# Buffer Calculation using the Henderson-Hasselbalch Equation

## Homework Statement

Prepare 750 mL of 0.5 M phosphate buffer, pH 6.7 and pKa 7.21. NaH2PO4 (119.96 g/mol) and Na2HPO4 (141.96 g/mol) is available to use.

pH=pKa+log(B/A)

## The Attempt at a Solution

I have the solution from my teacher, but I have no idea how he got the numbers. Could someone please explain how to use this equation? I'm trying to work backwards (I'm terrible at math, I learn the methods from solved examples) but I can't figure out where the numbers are coming from:

6.7=7.21 +log(B/A)
B=0.3090A (How did he get that???)

0.75L x 0.5 mol/L = 0.375 mol = B+A

1.3090A = 0.375 (Why is it 1.3090 and not 0.3090A like above?)

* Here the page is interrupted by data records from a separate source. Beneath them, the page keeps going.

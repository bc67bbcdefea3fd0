-- ===== src/Conductor/Webservices/Disabling.antt =====
-- iotronic/conductor/endpoints.py: disable_webservice.
use stack4things_openstack_i.Action.{Action, except_module, pure, ◌>>=◌, ◌>>◌}
use stack4things_openstack_i.Base.{String, [], if◌then◌else◌, ◌∷◌}
use stack4things_openstack_i.Conductor.Dns.{delete_record}
use stack4things_openstack_i.Conductor.Requests.{execute_on_board, new_req}
use stack4things_openstack_i.Conductor.Services.{release_port}
use stack4things_openstack_i.Conductor.Webservices.{agent_call, want_agent}
use stack4things_openstack_i.Db.Boards.{get_board_by_uuid}
use stack4things_openstack_i.Db.Engine.{Engine}
use stack4things_openstack_i.Db.Schema.{Column, Value}
use stack4things_openstack_i.Db.Services.{get_service_by_name}
use stack4things_openstack_i.Objects.{Object, is_online, load}
use stack4things_openstack_i.Objects.Kinds.{
  destroy_enabled_webservice_object, destroy_exposed_service_object, get_enabled_webservice,
  get_exposed_service,
}

module _ ⦃E : Engine⦄ where
  -- an online board is told that one service of the module ends, and the exposed row is given back
  unfoldable pub disable_part : Object → Value → String → Value → Action Object
  unfolding load get_service_by_name get_exposed_service is_online execute_on_board
  disable_part board board_uuid name mreq_uuid = do
    service ← load (get_service_by_name (Value.str name))
    exposed ← get_exposed_service board_uuid (service.row Column.uuid)
    (if is_online board
        then (do
          execute_on_board (board.row Column.uuid) "ServiceDisable" (service.row Column.uuid ∷ [])
              mreq_uuid
          pure tt)
        else pure tt)
    pure exposed

  unfoldable pub disable_on_board : Object → Value → Action (Unit {0})
  unfolding is_online execute_on_board
  disable_on_board board mreq_uuid =
      if is_online board
      then (do
        except_module (execute_on_board (board.row Column.uuid) "DisableWebService" [] mreq_uuid)
        pure tt)
      else pure tt

  unfoldable pub drop_proxy : Object → Object → Action (Unit {0})
  unfolding is_online agent_call
  drop_proxy board en =
      if is_online board
      then (do
        agent_call board "disable_webservice" (en.row Column.dns ∷ [])
        agent_call board "reload_proxy" [])
      else pure tt

  -- only the port of the second service goes back to SERVICE_PORT_LIST
  unfoldable pub disable_webservice : Value → Action (Unit {0})
  unfolding load get_board_by_uuid want_agent new_req get_enabled_webservice disable_part
      destroy_exposed_service_object release_port disable_on_board delete_record drop_proxy
      agent_call destroy_enabled_webservice_object
  disable_webservice board_uuid = do
    board ← load (get_board_by_uuid board_uuid)
    want_agent board
    mreq ← new_req board "disable_webservice" Value.null 3
    en ← get_enabled_webservice (board.row Column.uuid)
    exposed ← disable_part board board_uuid "webservice" (mreq.row Column.uuid)
    destroy_exposed_service_object exposed
    secure ← disable_part board board_uuid "webservice_ssl" (mreq.row Column.uuid)
    release_port (secure.row Column.public_port)
    destroy_exposed_service_object secure
    disable_on_board board (mreq.row Column.uuid)
    webservice ← get_enabled_webservice board_uuid
    delete_record (webservice.row Column.dns) (en.row Column.zone)
    drop_proxy board webservice
    agent_call board "remove_from_allowlist" (board.row Column.uuid ∷ en.row Column.http_port ∷ [])
    agent_call board "remove_from_allowlist" (board.row Column.uuid ∷ en.row Column.https_port ∷ [])
    destroy_enabled_webservice_object webservice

34.37g = 119.96 x (He put a symbol here that looks like <=) A=0.2865 mol
12.57g = 141.96 x <= B=0.885 mol

If someone would explain the process above, I would be extremely grateful. Thanks

Borek
Mentor
6.7=7.21 +log(B/A)
B=0.3090A (How did he get that???)
That's where you need to know the math that you don't know. I can show you how to do it, but if you don't know properties of logarithms it won't help you much:

$$6.7-7.21=-0.51=log\frac{B}{A}$$

Antilogarithm (both sides used as exponents):

$$10^{-0.51}=\frac{B}{A}$$

$$B=10^{-0.51}A=0.3090A$$

0.75L x 0.5 mol/L = 0.375 mol = B+A

1.3090A = 0.375 (Why is it 1.3090 and not 0.3090A like above?)
$$B+A=0.375$$

But we know B=0.3090A, so we can substitute it:

$$0.3090A + A = 1.3090A = 0.375$$

[/quote]34.37g = 119.96 x (He put a symbol here that looks like <=) A=0.2865 mol
12.57g = 141.96 x <= B=0.885 mol[/QUOTE]

Number of moles of A and B were calculated from the equations above, here it is just a conversion of moles to mass.

OHH I was confusing antilog with natural log. I did say I was terrible at math. Thanks for your help!